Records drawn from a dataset

-- -- --

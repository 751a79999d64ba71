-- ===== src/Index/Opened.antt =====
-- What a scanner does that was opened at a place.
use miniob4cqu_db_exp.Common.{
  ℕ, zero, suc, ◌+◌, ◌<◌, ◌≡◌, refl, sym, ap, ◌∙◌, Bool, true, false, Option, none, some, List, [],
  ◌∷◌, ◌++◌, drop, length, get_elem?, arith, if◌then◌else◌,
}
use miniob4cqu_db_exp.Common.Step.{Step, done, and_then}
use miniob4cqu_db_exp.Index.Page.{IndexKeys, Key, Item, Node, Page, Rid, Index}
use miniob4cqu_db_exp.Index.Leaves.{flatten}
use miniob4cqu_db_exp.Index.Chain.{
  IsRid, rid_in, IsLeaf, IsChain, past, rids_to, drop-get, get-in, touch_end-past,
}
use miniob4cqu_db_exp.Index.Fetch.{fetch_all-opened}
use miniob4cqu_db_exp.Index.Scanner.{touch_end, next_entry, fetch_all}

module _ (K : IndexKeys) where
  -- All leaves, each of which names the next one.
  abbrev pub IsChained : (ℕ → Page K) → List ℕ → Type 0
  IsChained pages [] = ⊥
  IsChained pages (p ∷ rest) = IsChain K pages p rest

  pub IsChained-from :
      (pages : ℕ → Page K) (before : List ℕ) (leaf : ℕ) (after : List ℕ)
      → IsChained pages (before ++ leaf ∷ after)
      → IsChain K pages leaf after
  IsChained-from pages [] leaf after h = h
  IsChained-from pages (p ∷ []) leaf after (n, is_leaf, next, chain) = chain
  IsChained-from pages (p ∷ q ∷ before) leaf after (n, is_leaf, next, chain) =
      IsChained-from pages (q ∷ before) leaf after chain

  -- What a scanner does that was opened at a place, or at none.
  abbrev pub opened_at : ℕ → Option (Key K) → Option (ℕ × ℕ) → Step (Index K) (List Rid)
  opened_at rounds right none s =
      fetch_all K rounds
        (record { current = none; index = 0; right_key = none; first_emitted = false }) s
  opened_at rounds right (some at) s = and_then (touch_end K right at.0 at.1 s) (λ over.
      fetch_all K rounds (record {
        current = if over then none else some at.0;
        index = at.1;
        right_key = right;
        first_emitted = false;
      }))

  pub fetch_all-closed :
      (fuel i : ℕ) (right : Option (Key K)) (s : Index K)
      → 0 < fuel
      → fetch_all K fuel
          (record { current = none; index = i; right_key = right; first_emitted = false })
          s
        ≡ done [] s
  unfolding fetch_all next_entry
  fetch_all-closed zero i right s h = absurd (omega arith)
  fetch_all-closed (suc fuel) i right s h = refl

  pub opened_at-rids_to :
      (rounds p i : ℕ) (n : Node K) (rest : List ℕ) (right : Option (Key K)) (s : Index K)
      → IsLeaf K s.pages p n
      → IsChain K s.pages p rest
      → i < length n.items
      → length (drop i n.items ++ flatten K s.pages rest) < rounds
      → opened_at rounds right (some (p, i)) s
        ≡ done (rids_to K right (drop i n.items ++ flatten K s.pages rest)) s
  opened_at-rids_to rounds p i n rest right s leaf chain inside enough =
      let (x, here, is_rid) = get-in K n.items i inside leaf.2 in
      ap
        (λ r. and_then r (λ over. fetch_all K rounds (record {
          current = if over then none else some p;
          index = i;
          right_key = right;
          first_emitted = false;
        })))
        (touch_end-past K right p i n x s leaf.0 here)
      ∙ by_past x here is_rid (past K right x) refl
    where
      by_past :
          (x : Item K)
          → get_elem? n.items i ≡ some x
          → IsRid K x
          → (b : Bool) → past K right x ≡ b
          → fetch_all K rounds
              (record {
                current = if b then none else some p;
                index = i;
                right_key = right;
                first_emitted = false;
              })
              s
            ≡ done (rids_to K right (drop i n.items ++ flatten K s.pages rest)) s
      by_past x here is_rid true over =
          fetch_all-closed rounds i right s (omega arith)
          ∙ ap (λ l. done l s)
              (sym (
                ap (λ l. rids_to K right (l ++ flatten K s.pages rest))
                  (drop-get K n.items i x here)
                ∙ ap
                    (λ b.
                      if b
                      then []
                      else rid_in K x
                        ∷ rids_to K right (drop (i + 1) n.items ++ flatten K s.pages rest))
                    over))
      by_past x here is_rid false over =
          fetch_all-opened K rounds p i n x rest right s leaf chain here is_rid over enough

-- -- --

Your goal
Given the records above, reproduce precisely and only the lines between the line holding "fetch_all K fuel" and the line holding "< length n.items", inclusive.

Exercise result
      → fetch_all K fuel
          (record { current = none; index = i; right_key = right; first_emitted = false })
          s
        ≡ done [] s
  unfolding fetch_all next_entry
  fetch_all-closed zero i right s h = absurd (omega arith)
  fetch_all-closed (suc fuel) i right s h = refl

  pub opened_at-rids_to :
      (rounds p i : ℕ) (n : Node K) (rest : List ℕ) (right : Option (Key K)) (s : Index K)
      → IsLeaf K s.pages p n
      → IsChain K s.pages p rest
      → i < length n.items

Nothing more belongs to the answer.